Die Renaissance der Barbershops
„Wir erleben momentan eine Renaissance der Barbershops“, erläutert Roberto Nicolaci. Er selbst hatte lange Zeit, damals noch Inhaber eines Unisex-Ladens, die Vision eines Friseursalons, der ausschließlich männliche Kunden bedient. Mit seiner Vision im Gepäck besuchte er einige traditionelle Barbershops in Amerika. Inspiriert vom charakterstarken Ambiente der amerikanischen Vorbilder verwarf er die ursprünglichen Pläne für seinen neuen Salon. „Ein solcher Salon muss wachsen, es kommen immer mehr Einrichtungsgegenstände dazu“, erinnert Nicolaci sich. So erstand er nach und nach Möbel aus den 1920- und 1950er Jahren. „Wir wollten eine Welt schaffen, in der es so scheint, als sei die Welt stehengeblieben“, so Nicolaci. Heute ist „Barbiere da Roberto“ der einzige Barbershop in Bonn. Etablierte Unisex-Friseure sehen die Renaissance der Barbershops eher gelassen. „Ich finde das Konzept von Barbiere da Roberto sehr interessant und ich denke, dass wir, so wie sie auch von uns, viel voneinander lernen können“, so Kaan Kamacik, Friseur bei „Your Hair“ in Königswinter.

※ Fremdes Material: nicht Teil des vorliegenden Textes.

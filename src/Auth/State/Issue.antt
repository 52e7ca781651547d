-- ===== src/Auth/State/Issue.antt =====
-- app/auth/state.py: a state token that comes back is redeemed.
use sre_tab.Common.{
  leb, Text, split, lacks, split-append, split-lacks, text_eq, nat_eq, eq_refl, exists_row,
  delete_rows, upsert, show_number, read_int-show_number, show_number-All, lacks-digits, ℕ, ◌+◌,
  ◌*◌, ◌/◌, ◌≤◌, ◌<◌, ◌≡◌, refl, ap, ◌∙◌, Bool, true, false, not, ◌&&◌, some, [], ◌∷◌, ◌++◌,
  append_assoc, arith,
}
use sre_tab.Models.{second}
use sre_tab.Auth.Tokens.{Crypto, compare_secret}
use sre_tab.Auth.State.{
  Outstanding, is_nonce, purge, make_room, payload_of, issue, redeem, redeem_unexpired,
  consume_parts, consume, dot, sign, read_expiry,
}

read_expiry-show_number : (n : ℕ) → read_expiry (show_number n) ≡ some n
unfolding read_expiry
read_expiry-show_number n = rw (read_int-show_number n, read_expiry) refl

exists_row-delete_rows-kept :
    (p q : Text × ℕ → Bool) (xs : Outstanding)
    → exists_row (λ x. p x && not (q x)) xs ≡ true
    → exists_row p (delete_rows q xs) ≡ true
unfolding exists_row delete_rows
exists_row-delete_rows-kept p q [] h = absurd (ground (arith, h))
exists_row-delete_rows-kept p q (x ∷ xs) h = ground (arith, h, exists_row-delete_rows-kept p q xs)

exists_row-upsert :
    (p q : Text × ℕ → Bool) (row : Text × ℕ) (xs : Outstanding)
    → p row ≡ true
    → exists_row p (upsert q row (λ x. row) xs) ≡ true
unfolding exists_row upsert
exists_row-upsert p q row [] h = rw h refl
exists_row-upsert p q row (x ∷ xs) h = ground (arith, h, exists_row-upsert p q row xs h)

-- What the parts of an issued token are.
split-token :
    (crypto : Crypto) (secret nonce : Text) (n : ℕ)
    → lacks dot nonce ≡ true
    → lacks dot (crypto.hmac secret (payload_of nonce n)) ≡ true
    → split dot (payload_of nonce n ++ dot ∷ sign crypto (payload_of nonce n) secret)
      ≡ nonce ∷ show_number n ∷ sign crypto (payload_of nonce n) secret ∷ []
unfolding payload_of sign
split-token crypto secret nonce n plain hex =
    ap (split dot) (append_assoc nonce (dot ∷ show_number n) _)
    ∙ split-append dot nonce (show_number n ++ dot ∷ crypto.hmac secret (payload_of nonce n)) plain
    ∙ ap (λ rest. nonce ∷ rest)
        (split-append dot (show_number n) (crypto.hmac secret (payload_of nonce n))
          (lacks-digits dot (show_number n) refl (show_number-All n)))
    ∙ ap (λ rest. nonce ∷ show_number n ∷ rest)
        (split-lacks dot (crypto.hmac secret (payload_of nonce n)) hex)

consume_parts_signed :
    (crypto : Crypto) (secret nonce : Text) (now later n : ℕ) (xs : Outstanding)
    → consume_parts crypto secret now later
        (nonce ∷ show_number n ∷ sign crypto (payload_of nonce n) secret ∷ [])
        xs
      ≡ redeem_unexpired now later nonce (some n) xs
unfolding consume_parts payload_of compare_secret
consume_parts_signed crypto secret nonce now later n xs =
    rw (eq_refl {K = Text} (sign crypto (nonce ++ dot ∷ show_number n) secret))
      (ap (λ expiry. redeem_unexpired now later nonce expiry xs) (read_expiry-show_number n))

-- An outstanding nonce is redeemed before its expiry.
redeem_unexpired_there :
    (now later n : ℕ) (nonce : Text) (xs : Outstanding)
    → now < n * second
    → exists_row (λ entry. is_nonce nonce entry && not (leb (entry.1 * second) later)) xs ≡ true
    → (redeem_unexpired now later nonce (some n) xs).1 ≡ true
unfolding redeem_unexpired redeem purge
redeem_unexpired_there now later n nonce xs early h =
    rw (ltb_leb (n * second) now early)
      (exists_row-delete_rows-kept (is_nonce nonce) (λ entry. leb (entry.1 * second) later) xs h)
  where
    ltb_leb : (a b : ℕ) → b < a → leb a b ≡ false
    ltb_leb a b k = ground (arith, k)

-- A state token that comes back before its expiry, as the next call of the store, is redeemed,
-- if neither the nonce nor the signature has a separator in it.
pub consume-issue :
    (crypto : Crypto) (ttl : ℕ) (secret nonce : Text) (now purged back back_later : ℕ)
    (xs : Outstanding)
    → lacks dot nonce ≡ true
    → ((message : Text) → lacks dot (crypto.hmac secret message) ≡ true)
    → back ≤ back_later
    → back_later < (now / second + ttl) * second
    → (consume crypto secret back back_later
        (issue crypto ttl secret nonce now purged xs).1
        (issue crypto ttl secret nonce now purged xs).0).1
      ≡ true
unfolding consume issue
consume-issue crypto ttl secret nonce now purged back back_later xs plain hex order early =
    ap (λ parts. (consume_parts crypto secret back back_later parts stored).1)
      (split-token crypto secret nonce expires_at plain (hex _))
    ∙ ap (λ (r : Outstanding × Bool). r.1)
        (consume_parts_signed crypto secret nonce back back_later expires_at stored)
    ∙ redeem_unexpired_there back back_later expires_at nonce stored (omega (arith, order, early)) (
        exists_row-upsert (λ entry. is_nonce nonce entry && not (leb (entry.1 * second) back_later))
          (is_nonce nonce) (nonce, expires_at) (make_room (purge purged xs))
          (rw (eq_refl {K = Text} nonce) (ground (arith, early))))
  where
    expires_at : ℕ
    expires_at = now / second + ttl

    stored : Outstanding
    stored =
        upsert (is_nonce nonce) (nonce, expires_at) (λ entry. (nonce, expires_at))
          (make_room (purge purged xs))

Doch Roberto ist mit seinem Konzept eines Barbershops nicht allein. Auch in anderen deutschen Großstädten eröffnen immer mehr solcher Friseursalons. So gibt es neben einigen anderen Salons den „Gentlemen-Barber-Salon “ in Frankfurt, den Salon „Halit’s“ in Berlin oder auch das „Herrenzimmer“ in Bochum. Kaan Kamacik sieht den Grund für die stetigen Neueröffnungen von Barbershops im ständigen Wandel der Mode. Er erklärt, dass alle Dinge, die bereits einmal in Mode waren, irgendwann wieder kämen. „Ich denke, das ist eine Modeerscheinung, in ein paar Jahren werden jedoch einige Barbershops wieder schließen und nur die wirklich guten werden bestehen bleiben – so wie Schorem in Rotterdam“, so der Unisex-Friseur.
Schorem – Der bekannteste Barbershop der Welt
Der wohl bekannteste Barbershop ist „Schorem“ in Rotterdam. Von 2 Niederländern auf Bierdeckeln entworfen, macht Schorem auf der ganzen Welt von sich reden. „Schorem ist mehr als ein Barbershop, es ist vielmehr eine Marke“, lobt Nicolaci, selbst auch durch die Niederländer inspiriert, die Marke. Die Regeln im Rotterdamer Salon sind klar definiert: Keine Frauen, Termine gibt es nicht, Stammkunden werden nicht bevorzugt und das maskuline Treiben im Salon wird stets durch Rock and Roll Musik untermalt. Die Wartezeit kann bis zu fünf Stunden andauern und dennoch besuchen Kunden aus der ganzen Welt den Salon. Vor einigen Jahren als Idee (wahrscheinlich) unter Alkoholeinfluss grob umrissen, vertreiben die Niederländer nun nicht nur ihre eigene Pomade*, sie bieten auch eine 40-wöchige Schulung zum Barbier an.
Nicolaci kam die Idee zwar nicht unter Alkoholeinfluss, aber dennoch ist er ebenso erfolgreich. Einen Termin zu bekommen ist schwierig, auch wir mussten uns 2 Wochen gedulden, ehe wir uns in Robertos Salon verwöhnen lassen konnten. Betritt man den Salon am frühen Morgen, ist der Laden bereits voll mit Männern, die es sich bei Whisky und Bier gut gehen lassen wollen. „Unser Laden zieht im April nach Bonn um, wir haben am Stiftsplatz einen größeren Laden gefunden“, erklärt der Barbier stolz.